→ **Stored data**
● ● ●
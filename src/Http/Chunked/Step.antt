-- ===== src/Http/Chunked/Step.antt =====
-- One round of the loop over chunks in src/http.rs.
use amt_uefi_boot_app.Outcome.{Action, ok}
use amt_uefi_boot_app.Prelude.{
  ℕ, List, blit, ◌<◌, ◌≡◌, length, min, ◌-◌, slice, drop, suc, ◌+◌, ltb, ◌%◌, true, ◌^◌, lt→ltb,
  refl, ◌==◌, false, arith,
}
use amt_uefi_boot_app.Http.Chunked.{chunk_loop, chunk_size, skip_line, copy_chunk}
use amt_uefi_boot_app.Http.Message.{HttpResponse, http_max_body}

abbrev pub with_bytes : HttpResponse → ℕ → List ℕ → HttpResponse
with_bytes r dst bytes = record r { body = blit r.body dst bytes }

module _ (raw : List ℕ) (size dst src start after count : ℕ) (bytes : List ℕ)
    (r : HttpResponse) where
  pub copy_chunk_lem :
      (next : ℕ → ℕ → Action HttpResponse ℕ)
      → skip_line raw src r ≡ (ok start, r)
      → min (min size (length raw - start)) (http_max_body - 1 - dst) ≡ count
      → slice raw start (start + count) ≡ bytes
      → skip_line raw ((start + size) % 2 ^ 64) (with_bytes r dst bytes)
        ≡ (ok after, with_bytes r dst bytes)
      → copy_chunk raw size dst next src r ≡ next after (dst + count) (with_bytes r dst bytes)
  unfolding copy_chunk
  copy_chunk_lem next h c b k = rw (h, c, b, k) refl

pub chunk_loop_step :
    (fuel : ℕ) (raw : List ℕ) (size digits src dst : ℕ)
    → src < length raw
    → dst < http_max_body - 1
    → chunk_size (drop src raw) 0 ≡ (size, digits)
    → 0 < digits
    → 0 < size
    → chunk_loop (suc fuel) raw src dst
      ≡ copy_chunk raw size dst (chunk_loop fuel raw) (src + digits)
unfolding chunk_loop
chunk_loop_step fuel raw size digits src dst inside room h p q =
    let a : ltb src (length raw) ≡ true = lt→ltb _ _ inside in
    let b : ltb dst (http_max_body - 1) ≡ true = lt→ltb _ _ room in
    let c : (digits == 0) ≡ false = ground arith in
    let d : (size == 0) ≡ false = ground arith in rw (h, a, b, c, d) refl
● ● ●
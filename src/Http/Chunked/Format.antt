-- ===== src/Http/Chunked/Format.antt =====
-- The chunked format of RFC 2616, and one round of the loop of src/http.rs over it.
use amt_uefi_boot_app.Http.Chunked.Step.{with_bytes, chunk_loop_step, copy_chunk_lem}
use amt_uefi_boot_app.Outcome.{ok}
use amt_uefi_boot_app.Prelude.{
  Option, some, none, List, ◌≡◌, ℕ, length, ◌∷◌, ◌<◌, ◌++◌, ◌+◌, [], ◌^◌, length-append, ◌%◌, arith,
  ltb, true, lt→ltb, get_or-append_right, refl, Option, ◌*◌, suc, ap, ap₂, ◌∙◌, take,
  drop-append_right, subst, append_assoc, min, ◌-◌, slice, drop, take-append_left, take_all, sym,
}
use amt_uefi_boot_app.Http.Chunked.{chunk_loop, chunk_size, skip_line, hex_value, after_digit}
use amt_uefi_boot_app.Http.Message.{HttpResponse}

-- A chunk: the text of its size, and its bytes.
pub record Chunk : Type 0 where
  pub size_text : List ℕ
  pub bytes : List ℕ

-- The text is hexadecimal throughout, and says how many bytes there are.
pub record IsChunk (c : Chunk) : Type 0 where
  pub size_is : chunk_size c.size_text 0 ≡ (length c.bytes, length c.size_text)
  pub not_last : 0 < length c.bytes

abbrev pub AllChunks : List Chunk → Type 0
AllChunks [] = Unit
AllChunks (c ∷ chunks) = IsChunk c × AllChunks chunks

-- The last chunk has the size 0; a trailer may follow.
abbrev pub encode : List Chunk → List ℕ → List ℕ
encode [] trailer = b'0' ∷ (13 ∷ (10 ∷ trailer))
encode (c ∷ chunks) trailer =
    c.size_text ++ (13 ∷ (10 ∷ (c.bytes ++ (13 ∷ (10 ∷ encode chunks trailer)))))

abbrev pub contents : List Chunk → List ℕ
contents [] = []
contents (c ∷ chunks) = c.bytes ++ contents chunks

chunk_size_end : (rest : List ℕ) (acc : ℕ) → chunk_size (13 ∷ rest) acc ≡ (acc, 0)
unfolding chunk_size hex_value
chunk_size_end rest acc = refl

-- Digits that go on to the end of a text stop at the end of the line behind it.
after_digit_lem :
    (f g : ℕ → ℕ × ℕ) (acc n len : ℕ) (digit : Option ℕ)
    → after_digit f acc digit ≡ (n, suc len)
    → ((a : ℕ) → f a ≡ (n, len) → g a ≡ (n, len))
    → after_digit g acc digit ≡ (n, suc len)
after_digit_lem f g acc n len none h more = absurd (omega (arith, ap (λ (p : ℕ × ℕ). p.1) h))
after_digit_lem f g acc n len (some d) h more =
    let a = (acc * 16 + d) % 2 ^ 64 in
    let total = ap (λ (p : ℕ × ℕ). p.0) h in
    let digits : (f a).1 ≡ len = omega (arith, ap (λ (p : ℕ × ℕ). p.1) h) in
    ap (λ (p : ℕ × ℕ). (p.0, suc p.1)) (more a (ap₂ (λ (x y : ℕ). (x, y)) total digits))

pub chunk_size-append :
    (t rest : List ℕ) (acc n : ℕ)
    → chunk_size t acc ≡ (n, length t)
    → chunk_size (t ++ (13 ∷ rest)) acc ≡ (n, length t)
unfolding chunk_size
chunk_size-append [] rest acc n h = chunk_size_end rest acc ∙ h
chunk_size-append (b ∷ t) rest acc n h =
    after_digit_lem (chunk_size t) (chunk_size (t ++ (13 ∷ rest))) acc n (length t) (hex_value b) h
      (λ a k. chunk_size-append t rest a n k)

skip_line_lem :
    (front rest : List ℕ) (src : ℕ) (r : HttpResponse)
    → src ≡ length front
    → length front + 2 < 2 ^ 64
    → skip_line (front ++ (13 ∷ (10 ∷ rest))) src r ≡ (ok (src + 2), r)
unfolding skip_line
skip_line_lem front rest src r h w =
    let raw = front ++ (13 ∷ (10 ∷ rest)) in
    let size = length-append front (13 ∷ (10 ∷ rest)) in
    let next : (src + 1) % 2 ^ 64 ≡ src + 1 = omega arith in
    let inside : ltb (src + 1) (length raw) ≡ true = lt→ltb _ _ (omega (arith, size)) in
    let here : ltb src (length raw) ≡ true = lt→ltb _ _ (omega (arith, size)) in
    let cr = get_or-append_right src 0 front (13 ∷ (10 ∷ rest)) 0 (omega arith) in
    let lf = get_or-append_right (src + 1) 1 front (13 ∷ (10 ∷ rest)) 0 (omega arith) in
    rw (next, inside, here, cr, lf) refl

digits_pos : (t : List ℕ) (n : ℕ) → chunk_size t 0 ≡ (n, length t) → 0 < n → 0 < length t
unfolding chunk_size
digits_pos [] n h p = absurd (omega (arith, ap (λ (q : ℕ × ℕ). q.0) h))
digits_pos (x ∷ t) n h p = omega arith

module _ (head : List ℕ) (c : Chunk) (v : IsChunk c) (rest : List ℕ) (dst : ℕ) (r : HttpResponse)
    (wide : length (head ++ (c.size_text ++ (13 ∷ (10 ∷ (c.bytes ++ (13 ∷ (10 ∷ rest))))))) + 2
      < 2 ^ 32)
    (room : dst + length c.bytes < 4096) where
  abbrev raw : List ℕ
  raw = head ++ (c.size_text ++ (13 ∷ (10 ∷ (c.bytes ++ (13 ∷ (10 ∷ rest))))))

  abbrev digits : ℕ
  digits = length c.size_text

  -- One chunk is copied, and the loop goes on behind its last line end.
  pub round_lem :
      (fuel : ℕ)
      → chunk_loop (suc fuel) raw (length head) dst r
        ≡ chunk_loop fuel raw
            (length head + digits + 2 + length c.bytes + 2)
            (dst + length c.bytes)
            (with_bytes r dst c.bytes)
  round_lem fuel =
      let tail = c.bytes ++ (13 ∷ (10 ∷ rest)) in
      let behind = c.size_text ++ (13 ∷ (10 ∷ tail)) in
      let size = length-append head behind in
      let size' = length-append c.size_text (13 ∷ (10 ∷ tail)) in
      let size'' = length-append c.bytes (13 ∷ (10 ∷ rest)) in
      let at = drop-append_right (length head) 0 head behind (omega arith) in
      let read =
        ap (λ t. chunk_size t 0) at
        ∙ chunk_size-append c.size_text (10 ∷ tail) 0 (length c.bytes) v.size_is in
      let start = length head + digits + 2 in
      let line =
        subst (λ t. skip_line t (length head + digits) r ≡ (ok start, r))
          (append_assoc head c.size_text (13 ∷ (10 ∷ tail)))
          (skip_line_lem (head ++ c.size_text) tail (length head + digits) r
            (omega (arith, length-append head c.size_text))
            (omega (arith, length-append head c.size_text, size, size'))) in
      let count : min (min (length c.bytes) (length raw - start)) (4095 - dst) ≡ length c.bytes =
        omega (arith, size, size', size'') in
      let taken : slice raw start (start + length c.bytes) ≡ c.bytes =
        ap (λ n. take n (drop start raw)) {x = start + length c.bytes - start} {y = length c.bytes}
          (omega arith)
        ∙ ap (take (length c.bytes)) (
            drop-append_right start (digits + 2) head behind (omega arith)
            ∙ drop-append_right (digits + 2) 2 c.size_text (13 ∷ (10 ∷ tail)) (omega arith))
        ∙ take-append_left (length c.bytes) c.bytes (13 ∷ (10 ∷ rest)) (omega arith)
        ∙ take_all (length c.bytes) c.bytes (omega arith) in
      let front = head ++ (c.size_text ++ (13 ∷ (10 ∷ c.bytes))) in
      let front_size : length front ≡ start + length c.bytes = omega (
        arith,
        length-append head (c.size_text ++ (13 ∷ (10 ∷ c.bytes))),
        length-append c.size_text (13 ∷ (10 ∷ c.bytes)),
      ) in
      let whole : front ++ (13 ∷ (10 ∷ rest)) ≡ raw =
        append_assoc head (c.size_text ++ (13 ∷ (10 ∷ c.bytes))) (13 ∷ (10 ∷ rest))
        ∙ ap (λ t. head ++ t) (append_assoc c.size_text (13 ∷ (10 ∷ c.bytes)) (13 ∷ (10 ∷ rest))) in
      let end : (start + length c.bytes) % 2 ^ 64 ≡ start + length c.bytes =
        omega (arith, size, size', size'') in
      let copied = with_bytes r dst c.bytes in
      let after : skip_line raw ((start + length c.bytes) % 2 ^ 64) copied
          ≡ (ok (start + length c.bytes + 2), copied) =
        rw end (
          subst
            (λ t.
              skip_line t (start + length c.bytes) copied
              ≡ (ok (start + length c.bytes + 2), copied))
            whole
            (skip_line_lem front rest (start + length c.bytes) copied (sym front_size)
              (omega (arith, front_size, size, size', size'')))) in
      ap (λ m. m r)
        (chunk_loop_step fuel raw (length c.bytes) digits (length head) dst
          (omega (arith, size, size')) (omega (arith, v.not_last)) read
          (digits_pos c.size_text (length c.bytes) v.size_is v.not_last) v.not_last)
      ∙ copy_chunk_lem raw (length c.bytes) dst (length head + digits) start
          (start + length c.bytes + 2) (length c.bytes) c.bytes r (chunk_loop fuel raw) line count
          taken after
● ● ●
→ **Work to be completed**
Your answer should be the exact lines above from the one with "-- One chunk" through the one with "tail)) (omega arith))", both included, and nothing besides.

→ **Finished exercise**
  -- One chunk is copied, and the loop goes on behind its last line end.
  pub round_lem :
      (fuel : ℕ)
      → chunk_loop (suc fuel) raw (length head) dst r
        ≡ chunk_loop fuel raw
            (length head + digits + 2 + length c.bytes + 2)
            (dst + length c.bytes)
            (with_bytes r dst c.bytes)
  round_lem fuel =
      let tail = c.bytes ++ (13 ∷ (10 ∷ rest)) in
      let behind = c.size_text ++ (13 ∷ (10 ∷ tail)) in
      let size = length-append head behind in
      let size' = length-append c.size_text (13 ∷ (10 ∷ tail)) in
      let size'' = length-append c.bytes (13 ∷ (10 ∷ rest)) in
      let at = drop-append_right (length head) 0 head behind (omega arith) in
      let read =
        ap (λ t. chunk_size t 0) at
        ∙ chunk_size-append c.size_text (10 ∷ tail) 0 (length c.bytes) v.size_is in
      let start = length head + digits + 2 in
      let line =
        subst (λ t. skip_line t (length head + digits) r ≡ (ok start, r))
          (append_assoc head c.size_text (13 ∷ (10 ∷ tail)))
          (skip_line_lem (head ++ c.size_text) tail (length head + digits) r
            (omega (arith, length-append head c.size_text))
            (omega (arith, length-append head c.size_text, size, size'))) in
      let count : min (min (length c.bytes) (length raw - start)) (4095 - dst) ≡ length c.bytes =
        omega (arith, size, size', size'') in
      let taken : slice raw start (start + length c.bytes) ≡ c.bytes =
        ap (λ n. take n (drop start raw)) {x = start + length c.bytes - start} {y = length c.bytes}
          (omega arith)
        ∙ ap (take (length c.bytes)) (
            drop-append_right start (digits + 2) head behind (omega arith)
            ∙ drop-append_right (digits + 2) 2 c.size_text (13 ∷ (10 ∷ tail)) (omega arith))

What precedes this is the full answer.